Hillhead Revisited
In the lightest of February snow
I saw a younger brother, watched him go
along Great Western, into Byers Road
and climb up to a dingy roof-abode.
He lived under the sky in a high room
and fought with demons. There was none from whom
his mind could drag relief, no man, no woman.
He struggled to be free, an embryo human
near dead at birth, unintelligibly curled
within a nightmare of the harsh-mothering world.
He raved of poetry, of philosophy,
of impulse and of insight, as if he
were gifted to become a pen of light.
I watched him lose his reason, fall and fight
the furniture; I saw him tiptoe out
into the terror of day, a brainless shout
of atom-people in street and shop and station . . .
and start to speak, to lose his separation.
I saw him sit the day long in room-shadow
waiting for no-one, nothing, waiting for Godot,
waiting, perhaps, for me to come and see him
from twenty-one years back, who used to be him.
“Brother of shadows, eclipsed in a high room,”
I said, “out of the future’s light or gloom
I come as one more normal, more involved
with – ” “Stop! you think I want some problem solved?”
he jeered, “some way out, some ‘young persons’ shelter’ – ?
You nose in, whinnying like a village elder –
you’re more lugubrious than I’ll ever ne!”
He broke off and looked ponderingly at me,
“And do the demons still squat on your shoulder
and monkey your face round? or do they grow older,
become more normal?” he shouted. “What have you written?”
It was as if a demon’s tooth had bitten
my tongue, my jaw shot wide, my mind was empty
of all but pain.
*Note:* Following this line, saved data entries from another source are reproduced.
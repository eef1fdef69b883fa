-- ===== src/Recorder/Steps.antt =====
-- The threads of the recorder as steps on what they share: producers that `Enqueue`, the worker of
-- `WorkerLoop` and the writer of `WriterLoop`. A step takes together what a thread does between two
-- points at which the others are let in: the test of `stop_requested` with the locked section in
-- `Enqueue`, the stores of `read_index` and `worker_active` behind a drain, the stores behind a
-- batch (with those of `SignalWriterStop` after a failure), and the writer's look at the queue with
-- its last load of `writer_stop_requested`, which is never taken back. The writer's catch
-- branches are left out.
-- `accepted`, `processed` and `offered` record what happened: the events stored in the ring, the
-- events that the worker has read, and the events of the batches given to `EnqueueWrite`.
use vd_trace.Base.{
  ℕ, ◌+◌, ◌<◌, ◌≡◌, ◌≢◌, Bool, true, false, not, List, [], ◌∷◌, ◌++◌, ◌==◌, u64_mod, length,
}
use vd_trace.Recorder.{
  PendingWriteBatch, TextFileRecorder, next_slot, Enqueued, enqueue, WriteEnqueued, enqueue_write,
  pop_batch, finish_batch,
}

-- Where the writer stands in its loop.
pub data WriterState : Type 0 where
  looking exited : WriterState
  taken writing : PendingWriteBatch → WriterState

pub record System (A : Type 0) : Type 0 where
  pub recorder : TextFileRecorder A
  pub local_read : ℕ
  pub local_write : ℕ
  pub draining : Bool
  pub writer : WriterState
  pub accepted : List A
  pub processed : List A
  pub offered : ℕ

-- After the constructor of `TextFileRecorder`.
abbrev pub opened : {A : Type 0} → (ℕ → A) → System A
opened ring = record {
  recorder = record {
    file_open = true;
    ring = ring;
    read_index = 0;
    write_index = 0;
    stop_requested = false;
    worker_active = false;
    writer_active = false;
    writer_stop_requested = false;
    pending_write_batches = [];
    pending_write_bytes = 0;
    pending_write_event_count = 0;
    written_event_count = 0;
    total_dropped_write_event_count = 0;
  };
  local_read = 0;
  local_write = 0;
  draining = false;
  writer = WriterState.looking;
  accepted = [];
  processed = [];
  offered = 0;
}

module _ {A : Type 0} where
  -- `WorkerLoop` takes the indices, reads one event, and gives the slots back.
  abbrev pub begin_drain : System A → System A
  begin_drain s = record s {
    recorder = record s.recorder {
      worker_active = not (s.recorder.read_index == s.recorder.write_index);
    };
    local_read = s.recorder.read_index;
    local_write = s.recorder.write_index;
    draining = true;
  }

  abbrev pub process_event : System A → System A
  process_event s = record s {
    local_read = next_slot s.local_read;
    processed = s.processed ++ s.recorder.ring s.local_read ∷ [];
  }

  abbrev pub end_drain : System A → System A
  end_drain s = record s {
    recorder = record s.recorder { worker_active = false; read_index = s.local_read };
    draining = false;
  }

  pub data Step (s : System A) : System A → Type 0 where
    produce :
        (event : A) (r : TextFileRecorder A)
        → enqueue s.recorder event ≡ Enqueued.stored r
        → Step s (record s { recorder = r; accepted = s.accepted ++ event ∷ [] })
    begin : s.draining ≡ false → Step s (begin_drain s)
    process : s.draining ≡ true → s.local_read ≢ s.local_write → Step s (process_event s)
    flush :
        (text : List ℕ) (count : ℕ) (r : TextFileRecorder A)
        → s.draining ≡ true
        → length text < u64_mod
        → enqueue_write s.recorder text count ≡ WriteEnqueued.returned r
        → Step s (record s { recorder = r; offered = s.offered + count })
    commit : s.draining ≡ true → s.local_read ≡ s.local_write → Step s (end_drain s)
    stop_worker : Step s (record s { recorder = record s.recorder { stop_requested = true } })
    stop_writer :
        Step s (record s { recorder = record s.recorder { writer_stop_requested = true } })
    take_batch :
        (batch : PendingWriteBatch) (rest : List PendingWriteBatch)
        → s.writer ≡ WriterState.looking
        → s.recorder.pending_write_batches ≡ batch ∷ rest
        → Step s (record s {
          recorder = pop_batch s.recorder batch rest;
          writer = WriterState.taken batch;
        })
    activate :
        (batch : PendingWriteBatch)
        → s.writer ≡ WriterState.taken batch
        → Step s (record s {
          recorder = record s.recorder { writer_active = true };
          writer = WriterState.writing batch;
        })
    written :
        (batch : PendingWriteBatch)
        → s.writer ≡ WriterState.writing batch
        → Step s (record s {
          recorder = finish_batch s.recorder batch true;
          writer = WriterState.looking;
        })
    failed :
        (batch : PendingWriteBatch)
        → s.writer ≡ WriterState.writing batch
        → Step s (record s {
          recorder = finish_batch s.recorder batch false;
          writer = WriterState.exited;
        })
    leave :
        s.writer ≡ WriterState.looking
        → s.recorder.pending_write_batches ≡ []
        → s.recorder.writer_stop_requested ≡ true
        → Step s (record s { writer = WriterState.exited })

  pub data Run (start : System A) : System A → Type 0 where
    begun : Run start start
    then_step : {s t : System A} → Run start s → Step s t → Run start t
He said, “At two-and-twenty
I ask too much, too wrong.” I shook my head.
“Ask, ask,” I whispered, “the pain says I’m not dead.”
Our eyes met, and we talked of those we knew –
some now had died indeed – of what was new
in his time and in my new world – the signs
of change in types of art – and of some lines
of verse of each. I told him of my job.
He seemed amused. I said he was a snob.
He said that would not change. Outside it snowed.
I found myself adrift down Byres Road,
and then in Saughiehall and George’s Square,
St. Enoch Station and veered round from there,
up Hope, St. Vincent – till I stopped, alone.
While walking I had learnt what it had shown,
that strange encounter with a young self-sibling.
My family, my teaching and my scribbling
were no defence against a demon shrieking
“Why? What? Where? When?” At first when he was speaking
and I had seen his hurt (and felt some pain)
I heard a question of existence plain –
but very soon, as pain began to dim,
I talked more with my now-self than with him.
The city’s roads are still the same as when
I took a high nook in a tenement-den
and beat my brains out on an answerless question.
The traffic (in its ceaseless auto-suggestion)
moves with the times – but the lines laid down
change little, if at all. I trod the town
at forty-three, without a map . . . and knew
the plan had not changed much since twenty-two.
“Speak to me brother!” but I sense the riddance
at last within me, of that young-man cadence.
It will not need to find me out again,
that blinding question, that chaotic brain,
that senseless strength, that sun eclipsed in night,
that demon taking up his pen of light.
It came for good, and it has gone for good.
It was my origin of adulthood,
now re-discovered on my coming here.
The high room was my birth-place and my bier.
From that exaggeration came a leaning,
a bent to write, that gave the years a meaning,
though hardly answering that cry, that gleam
that broke through snow . . . and now is back in dream.